关 键 词:广义回归神经网络(GRNN)  气温  空间插值  稀疏样本  玛纳斯河流域

Spatial interpolation of monthly average air temperature during winter-spring season using sparse samples: A case study in Manas River Basin in Xinjiang
YANG Yun,LI Longtong,LIU Yan,LIU Shuailing,WANG Binze,WANG Lixi,CHENG Xue. Spatial interpolation of monthly average air temperature during winter-spring season using sparse samples: A case study in Manas River Basin in Xinjiang[J]. Journal of water resources and water engineering, 2020, 31(1): 248-253
Authors:YANG Yun  LI Longtong  LIU Yan  LIU Shuailing  WANG Binze  WANG Lixi  CHENG Xue
Abstract:For preparation of air temperature spatial data used in the simulation of snow cover to snow melting process in the Manas River Basin with sparse meteorological stations in the middle part of Tianshan Mountains, Xinjiang, this paper carried out the analysis of environmental variables influencing air temperature in winter and spring (2015-11-2016-04) using least square correlation method so as to determine the optimal set of environmental variables through collinearity detection. Here the optimal factor set is composed of five environmental variables: latitude, elevation, NDVI, terrain slope and aspect. Then the Generalized Regression Neural Network (GRNN) model was constructed for spatial interpolation of monthly mean air temperature.

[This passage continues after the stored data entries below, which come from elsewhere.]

-- ===== src/Ladder/Asks.antt =====
-- query-plan-override.ts: what the ladder shows of the planner's answer.
use l4_ide.Prelude.{ℕ, Bool, false, ◌&&◌, some, List, [], map, ◌≡◌, nat_key, same_list, any}
use l4_ide.Ladder.Ranking.{each_once, all_uniques}
use l4_ide.Expr.{unknown_v}
use l4_ide.Robdd.{has}
use l4_ide.Ladder.Override.{
  ElicitationAsk, PlanAsk, QueryPlan, ShownAnalysis, Asked, all_in, has_text, uniques_for_atom,
  ranked_atoms, first_atoms,
}

abbrev pub labels : List ElicitationAsk → List (List ℕ)
labels asks = map (λ (a : ElicitationAsk). a.label) asks

-- The labels that are seen are those of the asks collected.
abbrev Agrees : Asked → Type 0
Agrees s = (v : ℕ) → labels (all_in v s.by_unique) ≡ all_in v s.seen

module _ (by_id by_label : List ℕ → List ℕ) where
  -- An ask with this label has an atom of this unique.
  abbrev pub asks_for : ℕ → List ℕ → PlanAsk → Bool
  asks_for v l p =
      same_list l p.ask.label && any (λ a. has v (uniques_for_atom by_id by_label a)) p.atoms

  -- What the ladder shows of a plan: as ranked, as needed and as next it lists the uniques of the plan's atoms
  -- in the plan's order, each once, where it first stands; a unique has an ask with a label exactly if the plan asks for one of its atoms by that label;
  -- and the answer of the rule and the inputs that do not matter stay the ladder's own.
  pub record ShowsPlan (s : ShownAnalysis) (plan : QueryPlan) (r : ShownAnalysis) : Type 0 where
    pub ranked :
        r.analysis.ranked
        ≡ each_once (all_uniques by_id by_label (ranked_atoms by_id by_label plan))
    pub needed : r.analysis.still_needed ≡ each_once (all_uniques by_id by_label plan.still_needed)
    pub next :
        r.analysis.next
        ≡ each_once (all_uniques by_id by_label (first_atoms by_id by_label plan.asks))
    pub asks :
        (v : ℕ) (l : List ℕ)
        → has_text l (labels (all_in v r.ask_by_unique)) ≡ any (asks_for v l) plan.asks
    pub same_result : r.analysis.overall_result ≡ s.analysis.overall_result
    pub same_dont_care : r.analysis.dont_care ≡ s.analysis.dont_care

  -- What it shows when the planner declines: no answer, nothing asked for, ranked or classed as moot, and why.
  pub record ShowsRefusal (why : List ℕ) (r : ShownAnalysis) : Type 0 where
    pub no_answer : r.analysis.overall_result ≡ unknown_v
    pub not_determined : r.analysis.is_determined ≡ false
    pub nothing_ranked : r.analysis.ranked ≡ []
    pub nothing_needed : r.analysis.still_needed ≡ []
    pub nothing_next : r.analysis.next ≡ []
    pub nothing_moot : r.analysis.dont_care ≡ []
    pub no_roots : r.analysis.irrelevant_root_ids ≡ []
    pub reason : r.declined ≡ some why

Finally, the proposed GRNN model was trained with observation data of 119 stations among the total 139 in the region, and the spatial interpolation model of monthly air temperature for the six months in winter and spring were determined. Also the regression error of the proposed model was analyzed with Root Mean Square Error (RMSE) and the Mean Relative Error (MRE) as measures using the rest observation data of 20 stations as test samples. Results show that the averagely RMSE value of this model is 1.46 in six months, which is superior to the traditional GWRK method with an average RMSE value of 2.22. In addition, from the spatial interpolation maps of air temperature of 6 months, the varying trend of the interpolated air temperature using our model is consistent with that of actual circumstances. The temperature of each spatial site is positively correlated with its elevation, and varies with the type of surface coverage. In summary, the proposed GRNN model with combination of interpolation strategy has shown an improved interpolation accuracy and better spatial consistency for spatial interpolation of air temperature even if few meteorological observation stations were provided.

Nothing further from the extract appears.